Rocking the boat is seldom popular, especially when some perceive the project’s purpose as being something other than making life better for lawyers. This is well illustrated by the ABA Center for Innovation’s decision not publish an Op-Ed advocating reducing regulatory limitations on innovations intended to benefit consumers due to “political challenges” within the ABA.

The fact that ABA presidents are limited to a single one-year term was another handicap. I understand the desire to bring in new blood and fresh ideas, but the lack of continuity makes long-range initiatives difficult. When a president leaves his pet projects slide off the priority list.

Closing the Book on eLawyering

Did the eLawyering Task Force achieve what I and others hoped it would achieve? No.

Did the project achieve everything it could achieve working within the ABA structure? Probably.
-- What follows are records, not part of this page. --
-- ===== src/Index/ParentSplit.antt =====
-- `insert_entry_into_parent` under a parent that is full.
use Prim.Native.Nat.{Ordering}
use miniob4cqu_db_exp.Common.{
  ℕ, zero, suc, ◌-◌, ◌/◌, ◌<◌, ◌≤◌, ◌≡◌, ◌≢◌, refl, sym, ap, ◌∙◌, subst, false, none, some, List,
  [], ◌∷◌, ◌++◌, All, length, take, drop, ltb, inl, inr, arith,
}
use miniob4cqu_db_exp.Common.Step.{done}
use miniob4cqu_db_exp.Index.Page.{IndexKeys, Key, Item, Node, node, child, Index}
use miniob4cqu_db_exp.Index.Node.{size, with_items, with_parent, empty_node}
use miniob4cqu_db_exp.Index.LeafOrder.{IsSorted, comparing, slot_of, found, found-slot_of}
use miniob4cqu_db_exp.Index.LeafInsert.{inserted}
use miniob4cqu_db_exp.Index.Wrote.{key_at-first}
use miniob4cqu_db_exp.Index.Whole.{parent_in, roots}
use miniob4cqu_db_exp.Index.Parents.{HasView}
use miniob4cqu_db_exp.Index.SplitNode.{SplitsNode, split-SplitsNode}
use miniob4cqu_db_exp.Index.HalfStep.{insert_into_half-NodeHalves}
use miniob4cqu_db_exp.Index.NodeHalves.{NodeHalves, roots-append}
use miniob4cqu_db_exp.Index.ParentStep.{to_room}
use miniob4cqu_db_exp.Index.Tree.{Sizes, split, insert_entry_into_parent}

-- A list is cut in front of an item.
cut {ℓ} :
    {A : Type ℓ} (j : ℕ) (xs : List A)
    → j < length xs
    → (lower : List A) × (y : A) × (upper : List A) × (take j xs ≡ lower)
      × (drop j xs ≡ y ∷ upper)
      × (xs ≡ lower ++ y ∷ upper)
cut j [] h = absurd (omega arith)
cut zero (x ∷ xs) h = ([], x, xs, refl, refl, refl)
cut (suc j) (x ∷ xs) h =
    let (lower, y, upper, low, high, is) = cut j xs (omega arith) in
    (x ∷ lower, y, upper, ap (◌∷◌ x) low, high, ap (◌∷◌ x) is)

module _ (K : IndexKeys) where
  open K.order use {compare_keys, compare-self, compare-eq, compare-gt, compare-lt, compare-trans}

  pub All-right : (P : Item K → Type 0) (xs ys : List (Item K)) → All P (xs ++ ys) → All P ys
  All-right P [] ys h = h
  All-right P (x ∷ xs) ys h = All-right P xs ys h.1

  has_slot :
      (m : Key K) (xs : List (Item K)) (y : Item K) (ys : List (Item K))
      → comparing K m y ≡ Ordering.eq
      → slot_of K m (xs ++ y ∷ ys) ≢ none
  has_slot m [] y ys k h = ground (arith, k, h)
  has_slot m (x ∷ xs) y ys k h = by_order (comparing K m x) h (has_slot m xs y ys k)
    where
      by_order :
          (o : Ordering)
          → elim o [ Ordering.eq ↦ some x.1 | _ ↦ slot_of K m (xs ++ y ∷ ys) ] ≡ none
          → slot_of K m (xs ++ y ∷ ys) ≢ none
          → ⊥
      by_order Ordering.lt h later = later h
      by_order Ordering.eq h later = absurd (ground (arith, h))
      by_order Ordering.gt h later = later h

  absent-differs :
      (m : Key K) (xs : List (Item K)) (y : Item K) (ys : List (Item K))
      → IsSorted K (xs ++ y ∷ ys)
      → found K m (xs ++ y ∷ ys) ≡ false
      → compare_keys m y.0 ≢ Ordering.eq
  absent-differs m xs y ys sorted absent same = elim (found-slot_of K m (xs ++ y ∷ ys) sorted) [
    | inl (is, slot, has) ↦ absurd (cc (sym absent ∙ is))
    | inr (is, lacks) ↦
        has_slot m xs y ys (ap (compare_keys y.0) (compare-eq m y.0 same) ∙ compare-self y.0) lacks
  ]

module _ (K : IndexKeys) (sizes : Sizes) (fuel c new q np : ℕ) (m : Key K) (s : Index K)
    (n nn : Node K) (x : Item K) (rest : List (Item K)) (free : List ℕ)
    (from_child : parent_in K (s.pages c) ≡ some q) (named : parent_in K (s.pages new) ≡ some q)
    (at : s.pages q ≡ node n) (is : n.items ≡ x ∷ rest) (sorted : IsSorted K rest)
    (at_new : s.pages new ≡ node nn) (fresh : s.free ≡ np ∷ free) (new_q : new ≢ q) (q_np : q ≢ np)
    (new_np : new ≢ np) (q_apart : roots K (x ∷ rest) q ≡ 0) (np_apart : roots K (x ∷ rest) np ≡ 0)
    (new_apart : roots K (x ∷ rest) new ≡ 0) (have : All (HasView K s.pages) (x ∷ rest))
    (absent : found K m rest ≡ false) where
  abbrev Split : Type 0
  Split =
      (s' : Index K) × (h : NodeHalves K s s' q np n x rest m new free) × (insert_entry_into_parent
          K sizes (suc fuel) c new m s
        ≡ insert_entry_into_parent K sizes fuel q np h.middle.0 s')

  abbrev empty : Node K
  empty = with_parent K n.parent (empty_node K false)

  module _ (full : ltb (size K n) sizes.internal_max_size ≡ false) (lower upper : List (Item K))
      (y : Item K) (low : take (size K n / 2) n.items ≡ x ∷ lower)
      (high : drop (size K n / 2) n.items ≡ y ∷ upper) (whole : rest ≡ lower ++ y ∷ upper) where
    apart_upper : (a : ℕ) → roots K (x ∷ rest) a ≡ 0 → roots K (y ∷ upper) a ≡ 0
    apart_upper a h =
        omega (arith, h, ap (λ l. roots K l a) whole, roots-append K lower (y ∷ upper) a)

    after_split :
        (s2 : Index K)
        → split K sizes false q s ≡ done np s2
        → SplitsNode K s s2 q np
            (with_items K (x ∷ lower) n)
            (with_items K (y ∷ upper) empty)
            (y ∷ upper)
            free
        → Split
    after_split s2 run t =
        let parts = subst (IsSorted K) whole sorted in
        let new_here = t.stays new new_q new_np (apart_upper new new_apart) ∙ at_new in
        let (s3, halves, half_run) =
          insert_into_half-NodeHalves K sizes s s2 q np n x y lower upper m new nn free t parts
            new_here new_q new_np q_np named (apart_upper new new_apart)
            (absent-differs K m lower y upper parts
              (subst (λ l. found K m l ≡ false) whole absent)) in
        (
          s3,
          record {
            lower = halves.lower;
            middle = halves.middle;
            upper = halves.upper;
            whole = ap (inserted K m (child new)) whole ∙ halves.whole;
            here = halves.here;
            there = halves.there;
            views = halves.views;
            moved = halves.moved;
            kept = halves.kept;
            stays =
                λ a h k e rooted. halves.stays a h k e (ap (λ l. roots K l a) (sym whole) ∙ rooted);
            root = halves.root;
            left = halves.left;
          },
          to_room K sizes fuel c new q m s n false from_child at full
              ∙ rw run (
                  rw half_run (
                    rw (key_at-first K np s3 _ halves.middle halves.upper halves.there refl) refl)),
        )

    split_first : Split
    split_first =
        let (s2, run, t) =
          split-SplitsNode K sizes s q np free n at fresh q_np
            (ap (λ l. roots K l q) high ∙ apart_upper q q_apart)
            (ap (λ l. roots K l np) high ∙ apart_upper np np_apart)
            (subst (All (HasView K s.pages)) (sym high) (
              All-right K (HasView K s.pages) lower (y ∷ upper)
                (subst (All (HasView K s.pages)) whole have.1))) in
        after_split s2 run (
          subst
            (λ l.
              SplitsNode K s s2 q np (with_items K l n) (with_items K (y ∷ upper) empty) (y ∷ upper)
                free)
            low
            (subst
              (λ l.
                SplitsNode K s s2 q np (with_items K (take (size K n / 2) n.items) n)
                  (with_items K l empty) l free)
              high t))

  pub insert_entry_into_parent-NodeHalves :
      ltb (size K n) sizes.internal_max_size ≡ false → 2 ≤ size K n → Split
  insert_entry_into_parent-NodeHalves full two =
      let long : size K n ≡ suc (length rest) = ap length is in
      let (lower, y, upper, low, high, whole) = cut (size K n / 2 - 1) rest (omega arith) in
      let shifted : size K n / 2 ≡ suc (size K n / 2 - 1) = omega arith in
      split_first full lower upper y
        (ap (take (size K n / 2)) is ∙ ap (λ i. take i (x ∷ rest)) shifted ∙ ap (◌∷◌ x) low)
        (ap (drop (size K n / 2)) is ∙ ap (λ i. drop i (x ∷ rest)) shifted ∙ high) whole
I think the eLawyering project’s biggest benefit was just putting the ideas of eLawyering into play. Seeds were planted. The ground was too dry for them to fully blossom then, but attitudes and receptiveness evolve over time. Would Jack Duncan’s book be provoking so much discussion if not for the Task Force’s groundbreaking work? Would people like Erin Levine be leading the way to providing cost-effective services to middle class Americans?

Learning from the Past, Moving Forward

While the ABA eLawyering project’s contributions should not be underestimated, adapting to AI will require different approaches, bearing in mind the limits of institution-led change. Grappling with the AI and the new world AI will bring about is the biggest challenge the organized bar will face over the next decade. Let’s get it right.